<<<<
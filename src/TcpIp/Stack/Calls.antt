-- ===== src/TcpIp/Stack/Calls.antt =====
-- Each call of the stack, and each packet, keeps its invariant.
use feather_os.Prelude.{
  ℕ, suc, ◌-◌, ◌≡◌, refl, sym, ◌∙◌, inl, inr, false, Option, none, some, List, [], ◌∷◌, arith, ltb,
  ◌==◌, Bool-cases, length,
}
use feather_os.TcpIp.Stack.Sane.{
  is_established, IsSane, AllSane, Found, find-Found, length-remove, put-AllSane, length-put,
  remove-AllSane, IsSaneStack, tcp_segment-IsSane, udp_datagram-IsSane,
}
use feather_os.TcpIp.Socket.{
  TcpState, closed, listen, syn_sent, syn_received, established, close_wait, fin_wait_1, closing,
  last_ack, fin_wait_2, time_wait, socket_type_stream, Socket, tcp_set_state, Segment, tcp_segment,
}
use feather_os.Prelude.Int.{ℤ}
use feather_os.TcpIp.Address.{IpAddr}
use feather_os.TcpIp.Stack.{
  change, accept_from, connect_from, close_from, close_tcp_from, socket_connect_from, NetStack,
  find, put, with_socket, new_socket, Memory, socket_create, set_windows, tcp_socket, tcp_connect,
  remove, socket_close, closing_state, note_remote, socket_connect,
}
use feather_os.TcpIp.Stack.Receive.{deliver, tcp_rx, Datagram, udp_datagram, udp_rx}

-- A change of one socket.
put-IsSane :
    (s : Socket) (st : NetStack)
    → IsSane s
    → IsSaneStack st
    → IsSaneStack (record st { sockets = put s st.sockets })
put-IsSane s st sane v = record {
  all_sane = put-AllSane s st.sockets sane v.all_sane;
  counted = v.counted ∙ sym (length-put s st.sockets);
}

pub socket_create-IsSane :
    (mem : Memory) (family type protocol : ℕ) (st : NetStack)
    → IsSaneStack st
    → IsSaneStack (socket_create mem family type protocol st).0
unfolding socket_create new_socket
socket_create-IsSane mem family type protocol st v = ground (arith, v.all_sane, v.counted)

set_windows-IsSane :
    (st : NetStack) → IsSaneStack st → IsSaneStack (record st { sockets = set_windows st.sockets })
unfolding set_windows
set_windows-IsSane st v = go st.sockets v.all_sane v.counted
  where
    go :
        (ss : List Socket)
        → AllSane ss
        → st.socket_count ≡ length ss
        → IsSaneStack (record st { sockets = set_windows ss })
    go [] all c = record { all_sane = tt; counted = c }
    go (s ∷ ss) all c = record {
      all_sane = (
        record {
          quiet = all.0.quiet;
          unestablished = refl;
          send_fits = all.0.send_fits;
          recv_fits = all.0.recv_fits;
        },
        all.1,
      );
      counted = c;
    }

pub tcp_socket-IsSane :
    (mem : Memory) (type protocol : ℕ) (st : NetStack)
    → IsSaneStack st
    → IsSaneStack (tcp_socket mem type protocol st).0
unfolding tcp_socket
tcp_socket-IsSane mem type protocol st v =
    go (socket_create mem 2 type protocol st) (socket_create-IsSane mem 2 type protocol st v)
  where
    go :
        (r : NetStack × Option ℕ)
        → IsSaneStack r.0
        → IsSaneStack
            (elim r.1 as (λ _. NetStack × Option ℕ) [
              | none ↦ r
              | some fd ↦ (record (r.0) { sockets = set_windows r.0.sockets }, some fd)
            ]).0
    go (s', none) sane = sane
    go (s', some fd) sane = set_windows-IsSane s' sane

change-IsSane :
    (r : Option Socket) (op : Socket → Socket × ℤ) (st : NetStack)
    → ((s : Socket) → IsSane s → IsSane (op s).0)
    → Found r
    → IsSaneStack st
    → IsSaneStack (change r op st).0
unfolding change
change-IsSane none op st keep f v = v
change-IsSane (some s) op st keep f v = put-IsSane (op s).0 st (keep s f) v

pub with_socket-IsSane :
    (fd : ℕ) (op : Socket → Socket × ℤ) (st : NetStack)
    → ((s : Socket) → IsSane s → IsSane (op s).0)
    → IsSaneStack st
    → IsSaneStack (with_socket fd op st).0
unfolding with_socket
with_socket-IsSane fd op st keep v =
    change-IsSane (find fd st.sockets) op st keep (find-Found fd st.sockets v.all_sane) v

-- The queue of connections is always empty, so there is nothing to accept.
pub accept_from-none : (r : Option Socket) (st : NetStack) → Found r → accept_from r st ≡ (st, none)
unfolding accept_from
accept_from-none none st f = refl
accept_from-none (some s) st f = ground (arith, f.quiet)

connect_from-IsSane :
    (r : Option Socket) (addr : IpAddr) (port : ℕ) (st : NetStack)
    → Found r
    → IsSaneStack st
    → IsSaneStack (connect_from r addr port st).0
unfolding connect_from
connect_from-IsSane none addr port st f v = v
connect_from-IsSane (some s) addr port st f v = record {
  all_sane =
      put-AllSane _ st.sockets
        (record {
          quiet = f.quiet;
          unestablished = refl;
          send_fits = f.send_fits;
          recv_fits = f.recv_fits;
        })
        v.all_sane;
  counted = v.counted ∙ sym (length-put _ st.sockets);
}

tcp_connect-IsSane :
    (fd : ℕ) (addr : Option IpAddr) (port : ℕ) (st : NetStack)
    → IsSaneStack st
    → IsSaneStack (tcp_connect fd addr port st).0
unfolding tcp_connect
tcp_connect-IsSane fd none port st v = v
tcp_connect-IsSane fd (some addr) port st v =
    connect_from-IsSane (find fd st.sockets) addr port st (find-Found fd st.sockets v.all_sane) v

note_remote-IsSane :
    (addr : Option IpAddr) (port : ℕ) (s : Socket) → IsSane s → IsSane (note_remote addr port s).0
note_remote-IsSane none port s v = record {
  quiet = v.quiet;
  unestablished = v.unestablished;
  send_fits = v.send_fits;
  recv_fits = v.recv_fits;
}
note_remote-IsSane (some a) port s v = record {
  quiet = v.quiet;
  unestablished = v.unestablished;
  send_fits = v.send_fits;
  recv_fits = v.recv_fits;
}

pub socket_connect-IsSane :
    (fd : ℕ) (addr : Option IpAddr) (port : ℕ) (st : NetStack)
    → IsSaneStack st
    → IsSaneStack (socket_connect fd addr port st).0
unfolding socket_connect
socket_connect-IsSane fd addr port st v = go (find fd st.sockets)
  where
    go : (r : Option Socket) → IsSaneStack (socket_connect_from r fd addr port st).0
    go none = v
    go (some s) = elim (Bool-cases (s.type == socket_type_stream)) [
      | inl stream ↦ rw (socket_connect_from, stream) (tcp_connect-IsSane fd addr port st v)
      | inr other ↦
          rw (socket_connect_from, other)
            (with_socket-IsSane fd (note_remote addr port) st (note_remote-IsSane addr port) v)
    ]

close_from-IsSane :
    (r : Option Socket) (fd : ℕ) (st : NetStack)
    → ((s : Socket) → r ≡ some s → suc (length (remove fd st.sockets)) ≡ length st.sockets)
    → Found r
    → IsSaneStack st
    → IsSaneStack (close_from r fd st).0
unfolding close_from
close_from-IsSane none fd st taken f v = v
close_from-IsSane (some s) fd st taken f v = elim (Bool-cases (ltb 0 (s.refcount - 1))) [
  | inl shared ↦ rw shared (
      put-IsSane (record s { refcount = s.refcount - 1 }) st
        (record {
          quiet = f.quiet;
          unestablished = f.unestablished;
          send_fits = f.send_fits;
          recv_fits = f.recv_fits;
        })
        v)
  | inr last ↦ rw last (record {
    all_sane = remove-AllSane fd st.sockets v.all_sane;
    counted = omega (arith, taken s refl, v.counted);
  })
]

pub socket_close-IsSane :
    (fd : ℕ) (st : NetStack) → IsSaneStack st → IsSaneStack (socket_close fd st).0
unfolding socket_close
socket_close-IsSane fd st v =
    close_from-IsSane (find fd st.sockets) fd st (length-remove fd st.sockets)
      (find-Found fd st.sockets v.all_sane) v

closing_state-unestablished : (s : TcpState) → is_established (closing_state s) ≡ false
closing_state-unestablished closed = refl
closing_state-unestablished listen = refl
closing_state-unestablished syn_sent = refl
closing_state-unestablished syn_received = refl
closing_state-unestablished established = refl
closing_state-unestablished close_wait = refl
closing_state-unestablished fin_wait_1 = refl
closing_state-unestablished closing = refl
closing_state-unestablished last_ack = refl
closing_state-unestablished fin_wait_2 = refl
closing_state-unestablished time_wait = refl

pub close_tcp_from-IsSane :
    (r : Option Socket) (fd : ℕ) (st : NetStack)
    → Found r
    → IsSaneStack st
    → IsSaneStack (close_tcp_from r fd st).0
unfolding close_tcp_from tcp_set_state
close_tcp_from-IsSane none fd st f v = v
close_tcp_from-IsSane (some s) fd st f v = socket_close-IsSane fd _ (
    put-IsSane (record s { tcp_state = closing_state s.tcp_state }) st
      (record {
        quiet = f.quiet;
        unestablished = closing_state-unestablished s.tcp_state;
        send_fits = f.send_fits;
        recv_fits = f.recv_fits;
      })
      v)

delivered-IsSane :
    (r : Option ℕ) (op : Socket → Socket × ℤ) (st : NetStack)
    → ((s : Socket) → IsSane s → IsSane (op s).0)
    → IsSaneStack st
    → IsSaneStack (deliver r op st).0
unfolding deliver
delivered-IsSane none op st keep v = v
delivered-IsSane (some fd) op st keep v = with_socket-IsSane fd op st keep v

pub tcp_rx-IsSane : (seg : Segment) (st : NetStack) → IsSaneStack st → IsSaneStack (tcp_rx seg st).0
unfolding tcp_rx
tcp_rx-IsSane seg st v = elim (Bool-cases (ltb seg.len 20)) [
  | inl short ↦ rw short v
  | inr long ↦ rw long (delivered-IsSane _ (tcp_segment seg) st (tcp_segment-IsSane seg) v)
]

pub udp_rx-IsSane : (d : Datagram) (st : NetStack) → IsSaneStack st → IsSaneStack (udp_rx d st).0
unfolding udp_rx
udp_rx-IsSane d st v = elim (Bool-cases (ltb d.len 8)) [
  | inl short ↦ rw short v
  | inr long ↦ rw long (delivered-IsSane _ (udp_datagram d) st (udp_datagram-IsSane d) v)
]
>>>>
→ **AIM OF THE TASK**
Each line above that has "change" adds one to the count; say the final count with no other text.

→ **OUTPUT**
8